[INSTRUCTIONS TO FOLLOW] Copy the lines below verbatim. Begin with the first and end with the line containing "(c.cur_raw < c.raw_per_chunk)".

[DATASET RECORDS]
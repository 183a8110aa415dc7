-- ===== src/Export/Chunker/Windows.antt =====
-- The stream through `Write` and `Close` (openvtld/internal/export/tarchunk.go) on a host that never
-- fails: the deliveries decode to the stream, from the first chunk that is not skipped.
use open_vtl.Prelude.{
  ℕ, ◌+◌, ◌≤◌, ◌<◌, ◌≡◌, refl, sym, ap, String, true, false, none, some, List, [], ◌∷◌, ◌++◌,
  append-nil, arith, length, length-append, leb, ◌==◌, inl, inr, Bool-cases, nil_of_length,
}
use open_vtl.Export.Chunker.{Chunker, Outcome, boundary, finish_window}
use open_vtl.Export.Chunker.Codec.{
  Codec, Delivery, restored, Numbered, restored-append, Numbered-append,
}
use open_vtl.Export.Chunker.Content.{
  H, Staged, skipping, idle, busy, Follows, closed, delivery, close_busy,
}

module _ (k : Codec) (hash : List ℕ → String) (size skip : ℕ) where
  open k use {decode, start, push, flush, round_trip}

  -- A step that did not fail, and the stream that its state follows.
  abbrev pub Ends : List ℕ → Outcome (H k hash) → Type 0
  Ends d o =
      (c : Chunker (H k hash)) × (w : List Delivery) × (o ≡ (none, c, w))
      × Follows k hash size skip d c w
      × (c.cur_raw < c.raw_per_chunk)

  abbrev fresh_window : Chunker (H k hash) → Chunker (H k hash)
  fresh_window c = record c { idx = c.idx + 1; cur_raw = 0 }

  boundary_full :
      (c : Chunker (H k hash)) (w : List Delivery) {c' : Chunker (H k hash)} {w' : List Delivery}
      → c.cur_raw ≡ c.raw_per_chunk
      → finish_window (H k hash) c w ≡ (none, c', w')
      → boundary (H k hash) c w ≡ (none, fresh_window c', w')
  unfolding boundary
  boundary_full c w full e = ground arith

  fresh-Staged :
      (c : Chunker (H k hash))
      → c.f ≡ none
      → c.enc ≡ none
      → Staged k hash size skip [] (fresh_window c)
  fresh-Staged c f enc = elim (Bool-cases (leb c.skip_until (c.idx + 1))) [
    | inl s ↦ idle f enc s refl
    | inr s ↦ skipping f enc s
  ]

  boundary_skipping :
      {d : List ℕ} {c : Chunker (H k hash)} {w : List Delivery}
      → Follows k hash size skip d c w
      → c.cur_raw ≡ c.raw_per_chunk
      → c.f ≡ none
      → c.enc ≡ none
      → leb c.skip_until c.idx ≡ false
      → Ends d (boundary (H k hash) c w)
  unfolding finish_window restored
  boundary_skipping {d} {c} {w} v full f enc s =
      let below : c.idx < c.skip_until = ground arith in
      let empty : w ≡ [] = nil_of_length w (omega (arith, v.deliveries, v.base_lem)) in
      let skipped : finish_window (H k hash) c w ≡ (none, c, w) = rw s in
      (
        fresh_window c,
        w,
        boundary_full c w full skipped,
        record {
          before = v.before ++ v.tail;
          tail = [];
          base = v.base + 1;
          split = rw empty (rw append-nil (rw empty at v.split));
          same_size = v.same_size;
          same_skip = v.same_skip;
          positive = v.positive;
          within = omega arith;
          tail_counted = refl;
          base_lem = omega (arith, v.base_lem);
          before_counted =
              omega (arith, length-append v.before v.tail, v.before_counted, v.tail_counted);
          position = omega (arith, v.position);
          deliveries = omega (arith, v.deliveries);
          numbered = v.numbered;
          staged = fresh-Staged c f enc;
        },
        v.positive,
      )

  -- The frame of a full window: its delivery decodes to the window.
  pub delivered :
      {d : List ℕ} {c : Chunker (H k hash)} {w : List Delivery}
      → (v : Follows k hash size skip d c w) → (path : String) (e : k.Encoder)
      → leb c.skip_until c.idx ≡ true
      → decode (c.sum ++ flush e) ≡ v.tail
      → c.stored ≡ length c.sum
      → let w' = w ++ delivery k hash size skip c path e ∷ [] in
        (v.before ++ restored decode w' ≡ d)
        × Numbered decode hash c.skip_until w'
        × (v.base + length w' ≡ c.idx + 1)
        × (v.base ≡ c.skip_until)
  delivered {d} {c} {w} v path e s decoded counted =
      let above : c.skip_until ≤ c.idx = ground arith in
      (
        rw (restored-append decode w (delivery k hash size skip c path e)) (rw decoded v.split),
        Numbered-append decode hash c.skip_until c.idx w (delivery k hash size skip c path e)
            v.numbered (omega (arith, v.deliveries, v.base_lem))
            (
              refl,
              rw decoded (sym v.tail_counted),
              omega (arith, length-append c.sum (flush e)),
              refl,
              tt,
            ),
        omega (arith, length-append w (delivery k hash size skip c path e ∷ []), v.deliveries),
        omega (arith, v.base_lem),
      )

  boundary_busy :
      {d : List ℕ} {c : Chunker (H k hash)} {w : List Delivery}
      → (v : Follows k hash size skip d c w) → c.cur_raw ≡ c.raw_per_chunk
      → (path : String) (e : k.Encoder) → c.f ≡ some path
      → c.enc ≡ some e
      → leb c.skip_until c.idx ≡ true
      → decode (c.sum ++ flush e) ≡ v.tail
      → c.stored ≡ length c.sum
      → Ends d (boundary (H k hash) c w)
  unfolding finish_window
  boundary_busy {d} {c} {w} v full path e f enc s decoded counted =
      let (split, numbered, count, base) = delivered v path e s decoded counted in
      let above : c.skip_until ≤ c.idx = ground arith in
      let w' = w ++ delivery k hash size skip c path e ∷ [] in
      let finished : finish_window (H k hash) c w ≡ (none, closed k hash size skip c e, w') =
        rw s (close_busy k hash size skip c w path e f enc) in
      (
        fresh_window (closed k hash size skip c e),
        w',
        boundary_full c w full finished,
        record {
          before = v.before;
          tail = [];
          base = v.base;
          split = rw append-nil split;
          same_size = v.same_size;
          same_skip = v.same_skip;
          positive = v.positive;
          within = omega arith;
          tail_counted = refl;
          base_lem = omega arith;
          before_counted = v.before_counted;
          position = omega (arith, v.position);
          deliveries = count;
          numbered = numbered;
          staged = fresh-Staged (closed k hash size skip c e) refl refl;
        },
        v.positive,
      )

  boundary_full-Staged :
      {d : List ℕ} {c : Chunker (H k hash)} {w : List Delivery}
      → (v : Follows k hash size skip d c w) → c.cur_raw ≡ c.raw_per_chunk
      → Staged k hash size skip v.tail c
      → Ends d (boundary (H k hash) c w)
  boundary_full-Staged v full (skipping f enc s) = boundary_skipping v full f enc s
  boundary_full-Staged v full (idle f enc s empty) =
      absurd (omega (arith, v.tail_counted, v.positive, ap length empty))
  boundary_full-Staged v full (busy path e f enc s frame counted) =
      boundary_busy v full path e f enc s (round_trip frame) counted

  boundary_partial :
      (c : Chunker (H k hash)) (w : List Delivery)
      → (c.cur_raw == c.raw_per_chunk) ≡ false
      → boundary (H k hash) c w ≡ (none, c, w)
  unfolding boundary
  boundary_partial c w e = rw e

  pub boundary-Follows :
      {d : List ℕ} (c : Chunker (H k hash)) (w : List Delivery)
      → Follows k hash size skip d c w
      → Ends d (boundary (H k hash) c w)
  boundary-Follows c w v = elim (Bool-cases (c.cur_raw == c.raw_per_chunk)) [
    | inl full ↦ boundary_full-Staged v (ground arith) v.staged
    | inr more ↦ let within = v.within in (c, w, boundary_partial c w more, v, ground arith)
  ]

[WRITTEN SOLUTION]
repository 183a8110aa415dc7
-- ===== src/Export/Chunker/Windows.antt =====
-- The stream through `Write` and `Close` (openvtld/internal/export/tarchunk.go) on a host that never
-- fails: the deliveries decode to the stream, from the first chunk that is not skipped.
use open_vtl.Prelude.{
  ℕ, ◌+◌, ◌≤◌, ◌<◌, ◌≡◌, refl, sym, ap, String, true, false, none, some, List, [], ◌∷◌, ◌++◌,
  append-nil, arith, length, length-append, leb, ◌==◌, inl, inr, Bool-cases, nil_of_length,
}
use open_vtl.Export.Chunker.{Chunker, Outcome, boundary, finish_window}
use open_vtl.Export.Chunker.Codec.{
  Codec, Delivery, restored, Numbered, restored-append, Numbered-append,
}
use open_vtl.Export.Chunker.Content.{
  H, Staged, skipping, idle, busy, Follows, closed, delivery, close_busy,
}

module _ (k : Codec) (hash : List ℕ → String) (size skip : ℕ) where
  open k use {decode, start, push, flush, round_trip}

  -- A step that did not fail, and the stream that its state follows.
  abbrev pub Ends : List ℕ → Outcome (H k hash) → Type 0
  Ends d o =
      (c : Chunker (H k hash)) × (w : List Delivery) × (o ≡ (none, c, w))
      × Follows k hash size skip d c w
      × (c.cur_raw < c.raw_per_chunk)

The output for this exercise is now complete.